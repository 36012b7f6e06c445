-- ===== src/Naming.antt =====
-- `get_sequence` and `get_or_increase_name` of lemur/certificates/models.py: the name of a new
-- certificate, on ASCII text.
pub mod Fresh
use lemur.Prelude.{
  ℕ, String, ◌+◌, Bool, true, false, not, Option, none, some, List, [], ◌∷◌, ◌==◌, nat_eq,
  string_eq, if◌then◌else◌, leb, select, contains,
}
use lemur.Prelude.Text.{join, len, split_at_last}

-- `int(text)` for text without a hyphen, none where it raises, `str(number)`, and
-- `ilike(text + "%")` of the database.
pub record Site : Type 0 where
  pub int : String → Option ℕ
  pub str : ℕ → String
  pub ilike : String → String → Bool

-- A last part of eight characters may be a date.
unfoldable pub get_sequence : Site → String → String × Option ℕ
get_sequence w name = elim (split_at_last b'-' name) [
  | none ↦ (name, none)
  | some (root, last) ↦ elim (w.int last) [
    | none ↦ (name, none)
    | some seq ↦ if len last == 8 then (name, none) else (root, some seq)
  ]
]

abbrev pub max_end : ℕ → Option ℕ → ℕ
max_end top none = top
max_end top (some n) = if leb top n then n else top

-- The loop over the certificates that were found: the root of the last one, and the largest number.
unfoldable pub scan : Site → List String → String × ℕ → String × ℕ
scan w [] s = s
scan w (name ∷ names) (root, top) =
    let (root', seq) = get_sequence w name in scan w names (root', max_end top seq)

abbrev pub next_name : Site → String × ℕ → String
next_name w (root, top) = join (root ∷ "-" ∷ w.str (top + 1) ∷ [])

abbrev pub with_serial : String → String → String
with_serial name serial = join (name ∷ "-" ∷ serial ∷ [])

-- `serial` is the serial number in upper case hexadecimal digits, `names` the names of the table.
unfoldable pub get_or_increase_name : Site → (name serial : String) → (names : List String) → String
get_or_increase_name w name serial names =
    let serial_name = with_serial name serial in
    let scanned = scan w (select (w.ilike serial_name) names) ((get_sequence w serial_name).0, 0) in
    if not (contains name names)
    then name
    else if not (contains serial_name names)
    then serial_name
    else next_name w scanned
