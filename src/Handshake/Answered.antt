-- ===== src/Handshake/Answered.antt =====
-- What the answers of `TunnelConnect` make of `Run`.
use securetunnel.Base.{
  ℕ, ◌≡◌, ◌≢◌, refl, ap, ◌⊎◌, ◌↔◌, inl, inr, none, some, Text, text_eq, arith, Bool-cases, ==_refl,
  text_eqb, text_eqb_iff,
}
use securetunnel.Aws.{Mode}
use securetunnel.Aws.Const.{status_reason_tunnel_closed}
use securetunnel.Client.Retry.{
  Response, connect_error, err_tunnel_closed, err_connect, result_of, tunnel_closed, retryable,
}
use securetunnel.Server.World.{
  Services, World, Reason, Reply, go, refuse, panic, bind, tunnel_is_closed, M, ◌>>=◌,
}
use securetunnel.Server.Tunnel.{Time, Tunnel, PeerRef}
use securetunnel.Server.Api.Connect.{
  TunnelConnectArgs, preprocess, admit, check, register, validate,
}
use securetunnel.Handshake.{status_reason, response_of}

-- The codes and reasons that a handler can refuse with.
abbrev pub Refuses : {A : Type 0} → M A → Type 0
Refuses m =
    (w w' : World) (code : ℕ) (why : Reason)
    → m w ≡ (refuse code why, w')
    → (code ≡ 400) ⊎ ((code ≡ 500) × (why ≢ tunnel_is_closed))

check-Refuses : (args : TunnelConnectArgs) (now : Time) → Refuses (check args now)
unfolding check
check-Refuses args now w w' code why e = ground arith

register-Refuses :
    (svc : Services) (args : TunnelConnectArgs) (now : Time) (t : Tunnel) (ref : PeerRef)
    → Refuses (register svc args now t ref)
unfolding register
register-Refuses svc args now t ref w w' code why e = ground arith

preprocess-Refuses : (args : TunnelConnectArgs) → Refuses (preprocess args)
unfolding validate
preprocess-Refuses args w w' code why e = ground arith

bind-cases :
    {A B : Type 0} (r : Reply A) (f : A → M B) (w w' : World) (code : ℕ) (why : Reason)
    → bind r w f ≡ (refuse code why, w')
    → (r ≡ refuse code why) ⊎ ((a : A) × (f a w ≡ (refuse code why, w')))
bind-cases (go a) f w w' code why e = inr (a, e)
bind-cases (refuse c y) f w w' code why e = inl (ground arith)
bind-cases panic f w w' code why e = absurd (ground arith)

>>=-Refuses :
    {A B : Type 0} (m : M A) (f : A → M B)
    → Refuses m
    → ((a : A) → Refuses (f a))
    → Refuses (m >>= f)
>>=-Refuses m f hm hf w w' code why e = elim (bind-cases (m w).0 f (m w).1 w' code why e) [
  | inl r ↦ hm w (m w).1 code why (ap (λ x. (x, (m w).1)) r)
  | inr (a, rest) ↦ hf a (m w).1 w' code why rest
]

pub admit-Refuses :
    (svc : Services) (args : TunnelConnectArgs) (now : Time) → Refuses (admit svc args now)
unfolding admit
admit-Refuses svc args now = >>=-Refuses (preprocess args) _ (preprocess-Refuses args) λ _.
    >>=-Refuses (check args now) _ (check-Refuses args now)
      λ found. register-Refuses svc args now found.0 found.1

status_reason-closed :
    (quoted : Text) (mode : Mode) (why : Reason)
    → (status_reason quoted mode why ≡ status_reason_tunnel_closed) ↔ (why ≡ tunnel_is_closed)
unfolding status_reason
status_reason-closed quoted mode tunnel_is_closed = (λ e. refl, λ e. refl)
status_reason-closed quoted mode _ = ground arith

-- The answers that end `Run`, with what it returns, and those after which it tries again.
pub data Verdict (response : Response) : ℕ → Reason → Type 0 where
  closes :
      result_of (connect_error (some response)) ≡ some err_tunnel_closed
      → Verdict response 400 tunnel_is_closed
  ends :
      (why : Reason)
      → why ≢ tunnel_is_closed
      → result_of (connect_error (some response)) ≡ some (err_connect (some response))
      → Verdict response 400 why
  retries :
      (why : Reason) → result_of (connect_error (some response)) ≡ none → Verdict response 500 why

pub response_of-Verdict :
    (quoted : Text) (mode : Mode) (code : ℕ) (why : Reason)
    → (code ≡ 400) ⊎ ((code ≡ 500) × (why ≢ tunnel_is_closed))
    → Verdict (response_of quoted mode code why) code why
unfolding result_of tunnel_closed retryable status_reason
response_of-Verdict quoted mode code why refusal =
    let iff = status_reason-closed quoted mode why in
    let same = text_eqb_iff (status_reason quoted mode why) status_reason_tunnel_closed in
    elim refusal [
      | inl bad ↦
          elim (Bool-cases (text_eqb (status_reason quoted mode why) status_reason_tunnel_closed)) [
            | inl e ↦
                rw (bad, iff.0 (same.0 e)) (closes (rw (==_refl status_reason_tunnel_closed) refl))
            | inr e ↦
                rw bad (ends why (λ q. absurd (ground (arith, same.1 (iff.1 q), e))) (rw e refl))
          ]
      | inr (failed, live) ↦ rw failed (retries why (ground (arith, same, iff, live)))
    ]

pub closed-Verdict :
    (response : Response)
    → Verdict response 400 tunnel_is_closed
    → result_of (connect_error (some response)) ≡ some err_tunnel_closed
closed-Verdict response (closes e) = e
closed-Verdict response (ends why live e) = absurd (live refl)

▬▬▬▬▬▬▬▬▬▬

**Instructions for the task**
Taking the records above, retype every line from the one with "let (root', seq)" down to the one with "of the table.", exactly and with nothing else.

**Answer to the problem**
    let (root', seq) = get_sequence w name in scan w names (root', max_end top seq)

abbrev pub next_name : Site → String × ℕ → String
next_name w (root, top) = join (root ∷ "-" ∷ w.str (top + 1) ∷ [])

abbrev pub with_serial : String → String → String
with_serial name serial = join (name ∷ "-" ∷ serial ∷ [])

-- `serial` is the serial number in upper case hexadecimal digits, `names` the names of the table.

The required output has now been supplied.